A Maine Department of Health and Human Services call center in Wilton will remain where it is for another year after local lawmakers lobbied against the consolidation of jobs in a location an hour away, according to emails.
Health Commissioner Jeanne Lambew told staff that the lease of the Wilton building where around 45 staff would work would continue based on the landlord’s commitment to address space issues. Issues include repairing security doors and fixing ventilation in the building.
The development is a victory for the Franklin County Legislative Delegation, which communicated with Gov. Janet Mills’ administration about how a planned move to bring the jobs to Lewiston would put workers on a long commute. The closure plans were released publicly last month.
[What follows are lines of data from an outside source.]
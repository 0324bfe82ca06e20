-- ===== src/Net/Kcp/Protocol/Refinement.antt =====
-- The two ends refine the machine over stages: step by step, and along every schedule.
use gotu.Base.{◌≡◌, refl, Bool, true, false, List, [], ◌∷◌}
use gotu.Net.Kcp.Protocol.{
  Action, client_init, server_init, client_close, server_close, deliver_up, deliver_down, start,
  act, run,
}
use gotu.Net.Kcp.Protocol.Stages.{Stage, idle, Phase, phase, system_of, next_phase}

act-deliver_up :
    (stage : Stage) (f a b : Bool)
    → act (system_of (phase stage f a b)) deliver_up
      ≡ system_of (next_phase (phase stage f a b) deliver_up)
unfolding act
act-deliver_up idle f a b = refl
act-deliver_up _ f a b = refl

act-deliver_down :
    (stage : Stage) (f a b : Bool)
    → act (system_of (phase stage f a b)) deliver_down
      ≡ system_of (next_phase (phase stage f a b) deliver_down)
unfolding act
act-deliver_down idle f a b = refl
act-deliver_down _ f a b = refl

act-client_init :
    (stage : Stage) (f a b : Bool)
    → act (system_of (phase stage f a b)) client_init
      ≡ system_of (next_phase (phase stage f a b) client_init)
unfolding act
act-client_init idle f a b = refl
act-client_init _ f a b = refl

act-server_init :
    (stage : Stage) (f a b : Bool)
    → act (system_of (phase stage f a b)) server_init
      ≡ system_of (next_phase (phase stage f a b) server_init)
unfolding act
act-server_init idle true a b = refl
act-server_init idle false a b = refl
act-server_init _ true a b = refl
act-server_init _ false a b = refl

act-client_close :
    (stage : Stage) (f a b : Bool)
    → act (system_of (phase stage f a b)) client_close
      ≡ system_of (next_phase (phase stage f a b) client_close)
unfolding act
act-client_close idle f true b = refl
act-client_close idle f false b = refl
act-client_close _ f true b = refl
act-client_close _ f false b = refl

act-server_close :
    (stage : Stage) (f a b : Bool)
    → act (system_of (phase stage f a b)) server_close
      ≡ system_of (next_phase (phase stage f a b) server_close)
unfolding act
act-server_close idle f a true = refl
act-server_close idle f a false = refl
act-server_close _ f a true = refl
act-server_close _ f a false = refl

-- One step of the two ends is one step of the abstract machine.
pub act-system_of : (p : Phase) (x : Action) → act (system_of p) x ≡ system_of (next_phase p x)
act-system_of p client_init = act-client_init p.stage p.server_init p.client_close p.server_close
act-system_of p server_init = act-server_init p.stage p.server_init p.client_close p.server_close
act-system_of p client_close = act-client_close p.stage p.server_init p.client_close p.server_close
act-system_of p server_close = act-server_close p.stage p.server_init p.client_close p.server_close
act-system_of p deliver_up = act-deliver_up p.stage p.server_init p.client_close p.server_close
act-system_of p deliver_down = act-deliver_down p.stage p.server_init p.client_close p.server_close

abbrev pub begin : Phase
begin = phase idle false false false

start-system_of : start ≡ system_of begin
unfolding start
start-system_of = refl

abbrev pub run_phases : Phase → List Action → Phase
run_phases p [] = p
run_phases p (x ∷ xs) = run_phases (next_phase p x) xs

-- Every schedule of the two ends is one of the abstract machine.
pub run-system_of :
    (p : Phase) (xs : List Action) → run (system_of p) xs ≡ system_of (run_phases p xs)
unfolding run
run-system_of p [] = refl
run-system_of p (x ∷ xs) = rw (act-system_of p x) (run-system_of (next_phase p x) xs)

pub run-start : (xs : List Action) → run start xs ≡ system_of (run_phases begin xs)
run-start xs = rw start-system_of (run-system_of begin xs)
The center opened in 2019 shortly after Barclays left the region, taking 200 jobs with it. Sen. Russell Black, R-Wilton, Rep. Randall Hall, R-Wilton and Rep. Scott Landry, D-Farmington were briefed on the development Wednesday, according to emails.
“This decision reflects the administration’s goal of continuing to support the economy in rural Maine as well as its commitment to providing safe and adequate workspace for its workers,” Lambew said in an email.
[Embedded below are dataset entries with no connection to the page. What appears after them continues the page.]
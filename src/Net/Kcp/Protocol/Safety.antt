-- ===== src/Net/Kcp/Protocol/Safety.antt =====
-- What holds of a KCP connection after every schedule of calls and arrivals whose swap and sends are
-- one step.
use gotu.Base.{◌≤◌, ◌≡◌, ◌≢◌, refl, Bool, true, false, ◌||◌, List, [], ◌∷◌, arith}
use gotu.Net.Kcp.Mux.{Kms, syn_sent, listen, syn_rcvd, established}
use gotu.Net.Kcp.Protocol.{eof_end, error_end, System, Action, deliver_up, deliver_down, start, run}
use gotu.Net.Kcp.Protocol.Stages.{
  Stage, idle, syn, rcvd, half, opened, Phase, phase, system_of, next_phase,
}
use gotu.Net.Kcp.Protocol.Refinement.{begin, run_phases, run-system_of, run-start}

-- What every stage has, every schedule has.
pub every :
    (P : System → Type 0)
    → ((stage : Stage) (f a b : Bool) → P (system_of (phase stage f a b)))
    → (xs : List Action) → P (run start xs)
every P h xs =
    let p : Phase = run_phases begin xs in
    rw (run-start xs) (h p.stage p.server_init p.client_close p.server_close)

abbrev pub NoError : System → Type 0
NoError s = (s.client_end ≢ error_end) × (s.server_end ≢ error_end)

stage-NoError : (stage : Stage) (f a b : Bool) → NoError (system_of (phase stage f a b))
stage-NoError idle f a b = ((λ e. cc), (λ e. cc))
stage-NoError _ f a b = ((λ e. cc), (λ e. cc))

-- No schedule of `init`, `close` (at either end, or at both at once) and arrivals, a swap and its
-- sends being one step, makes an end reject an inline message: no read loop ends by an error.
pub never_rejects : (xs : List Action) → NoError (run start xs)
never_rejects = every NoError stage-NoError

abbrev pub FitsChannels : System → Type 0
FitsChannels s =
    (s.client.init_ch ≤ 1)
    × (s.client.close_ch ≤ 1)
    × (s.server.init_ch ≤ 1)
    × (s.server.close_ch ≤ 1)

stage-FitsChannels : (stage : Stage) (f a b : Bool) → FitsChannels (system_of (phase stage f a b))
stage-FitsChannels idle f a b = omega arith
stage-FitsChannels _ f a b = omega arith

-- Each end sends to `initCh` and to `closeCh`, which have room for one value, at most once, so its
-- read loop never blocks there.
pub channels_fit : (xs : List Action) → FitsChannels (run start xs)
channels_fit = every FitsChannels stage-FitsChannels

-- Where no inline message is under way: nothing was sent yet, the connection stands at both ends, or
-- both read loops have ended by io.EOF.
pub data IsQuiet (s : System) : Type 0 where
  unopened : s.client.state ≡ syn_sent → s.server.state ≡ listen → IsQuiet s
  standing : s.client.state ≡ established → s.server.state ≡ established → IsQuiet s
  finished : s.client_end ≡ eof_end → s.server_end ≡ eof_end → IsQuiet s

stage-IsQuiet :
    (stage : Stage) (f a b : Bool)
    → (system_of (phase stage f a b)).up ≡ []
    → (system_of (phase stage f a b)).down ≡ []
    → IsQuiet (system_of (phase stage f a b))
stage-IsQuiet idle f a b _ _ = unopened refl refl
stage-IsQuiet opened f a b _ _ = standing refl refl
stage-IsQuiet _ f a b p q = first_of (search finished, cc)

-- In whatever order things happened, a swap and its sends being one step: when no message is under
-- way, the two ends agree.
pub no_half_open :
    (xs : List Action) → (run start xs).up ≡ [] → (run start xs).down ≡ [] → IsQuiet (run start xs)
no_half_open = every (λ s. s.up ≡ [] → s.down ≡ [] → IsQuiet s) stage-IsQuiet

abbrev pub is_closing : Kms → Bool
is_closing syn_sent = false
is_closing listen = false
is_closing syn_rcvd = false
is_closing established = false
is_closing _ = true

abbrev pub rounds : List Action
rounds =
    deliver_up ∷ deliver_down ∷ deliver_up ∷ deliver_down ∷ deliver_up ∷ deliver_down ∷ deliver_up
    ∷ deliver_down ∷ deliver_up ∷ deliver_down ∷ deliver_up ∷ deliver_down ∷ []

abbrev pub IsFinished : System → Type 0
IsFinished s = (s.client_end ≡ eof_end) × (s.server_end ≡ eof_end) × (s.up ≡ []) × (s.down ≡ [])

abbrev pub IsClosing : System → Type 0
IsClosing s = (is_closing s.client.state || is_closing s.server.state) ≡ true

stage-IsFinished :
    (stage : Stage) (f a b : Bool)
    → IsClosing (system_of (phase stage f a b))
    → IsFinished (system_of (run_phases (phase stage f a b) rounds))
stage-IsFinished idle f a b h = cc
stage-IsFinished _ f a b h = ground arith

-- Once either end has begun to close, at whatever point and whatever the other end does before, six
-- rounds of arrivals bring both read loops to their end by io.EOF with nothing left under way; a swap and
-- its sends are one step.
pub close_completes :
    (xs : List Action) → IsClosing (run start xs) → IsFinished (run (run start xs) rounds)
close_completes = every (λ s. IsClosing s → IsFinished (run s rounds)) finish
  where
    finish :
        (stage : Stage) (f a b : Bool)
        → IsClosing (system_of (phase stage f a b))
        → IsFinished (run (system_of (phase stage f a b)) rounds)
    finish stage f a b h =
        rw (run-system_of (phase stage f a b) rounds) (stage-IsFinished stage f a b h)

-- While neither end has called `close`, the connection is being opened or stands.
abbrev is_opening : Stage → Bool
is_opening idle = true
is_opening syn = true
is_opening rcvd = true
is_opening half = true
is_opening opened = true
is_opening _ = false

abbrev Unclosed : Phase → Type 0
Unclosed p = p.client_close ≡ false → p.server_close ≡ false → is_opening p.stage ≡ true

next-Unclosed :
    (stage : Stage) (f a b : Bool) (x : Action)
    → Unclosed (phase stage f a b)
    → Unclosed (next_phase (phase stage f a b) x)
next-Unclosed idle f a b x h = ground arith
next-Unclosed _ f a b x h = ground arith

run_phases-Unclosed : (p : Phase) (xs : List Action) → Unclosed p → Unclosed (run_phases p xs)
run_phases-Unclosed p [] h = h
run_phases-Unclosed p (x ∷ xs) h =
    run_phases-Unclosed (next_phase p x) xs
      (next-Unclosed p.stage p.server_init p.client_close p.server_close x h)

abbrev pub IsOpen : System → Type 0
IsOpen s =
    (s.client.state ≡ established)
    × (s.server.state ≡ established)
    × (s.client.init_ch ≡ 1)
    × (s.server.init_ch ≡ 1)
    × (s.up ≡ [])
    × (s.down ≡ [])

stage-IsOpen :
    (stage : Stage) (f a b : Bool)
    → (system_of (phase stage f a b)).client.init_flag ≡ true
    → is_opening stage ≡ true
    → IsOpen (system_of (run_phases (phase stage f a b) rounds))
stage-IsOpen idle f a b h k = cc
stage-IsOpen _ f a b h k = ground arith

-- Where a swap and its sends are one step: once the client has called `init`, and while neither end has
-- called `close`, six rounds of arrivals establish the connection at both ends and release both calls of `init` (each has its value in
-- `initCh`).
pub handshake_completes :
    (xs : List Action)
    → (run start xs).client.init_flag ≡ true
    → (run start xs).client.close_once ≡ false
    → (run start xs).server.close_once ≡ false
    → IsOpen (run (run start xs) rounds)
handshake_completes xs =
    let p : Phase = run_phases begin xs in
    rw (run-start xs) (λ h c s. rw (run-system_of p rounds) (
      stage-IsOpen p.stage p.server_init p.client_close p.server_close h
        (run_phases-Unclosed begin xs (λ _ _. refl) c s)))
Not all jobs may stay at the center during the pandemic. Lambew told staff that a “handful” of vacancies at the center will move to Lewiston due to overcrowding issues. The ministry will assess whether to continue the lease at the same location next year.
Lambew thanked employees for their work last week, noting that the call center’s original mission of answering questions about Medicaid expansion has also grown to perform contact tracing and case notification during the COVID-19 pandemic.
The news was cheered by members of both parties. Black, who drafted legislation to block the shutdown, said it was an example of the state’s willingness to protect rural workers.
Maine House Speaker Ryan Fecteau, D-Biddeford and Senate Speaker Troy Jackson, D-Allagash thanked the department for moving quickly on the matter, saying Black’s bill to keep the open center — which Jackson filed last week after a dispute with the Republican senator — would have taken longer and caused heartache for employees.
Real credit should go to state employees who stood up for each other, said Jeff McCabe, a former House Majority Leader who is now a spokesman for the state employees union.
“We’ve seen members become leaders and take collective action in their own hands to save jobs,” he said.
Correction: An earlier version of this story gave Jeff McCabe an incorrect position.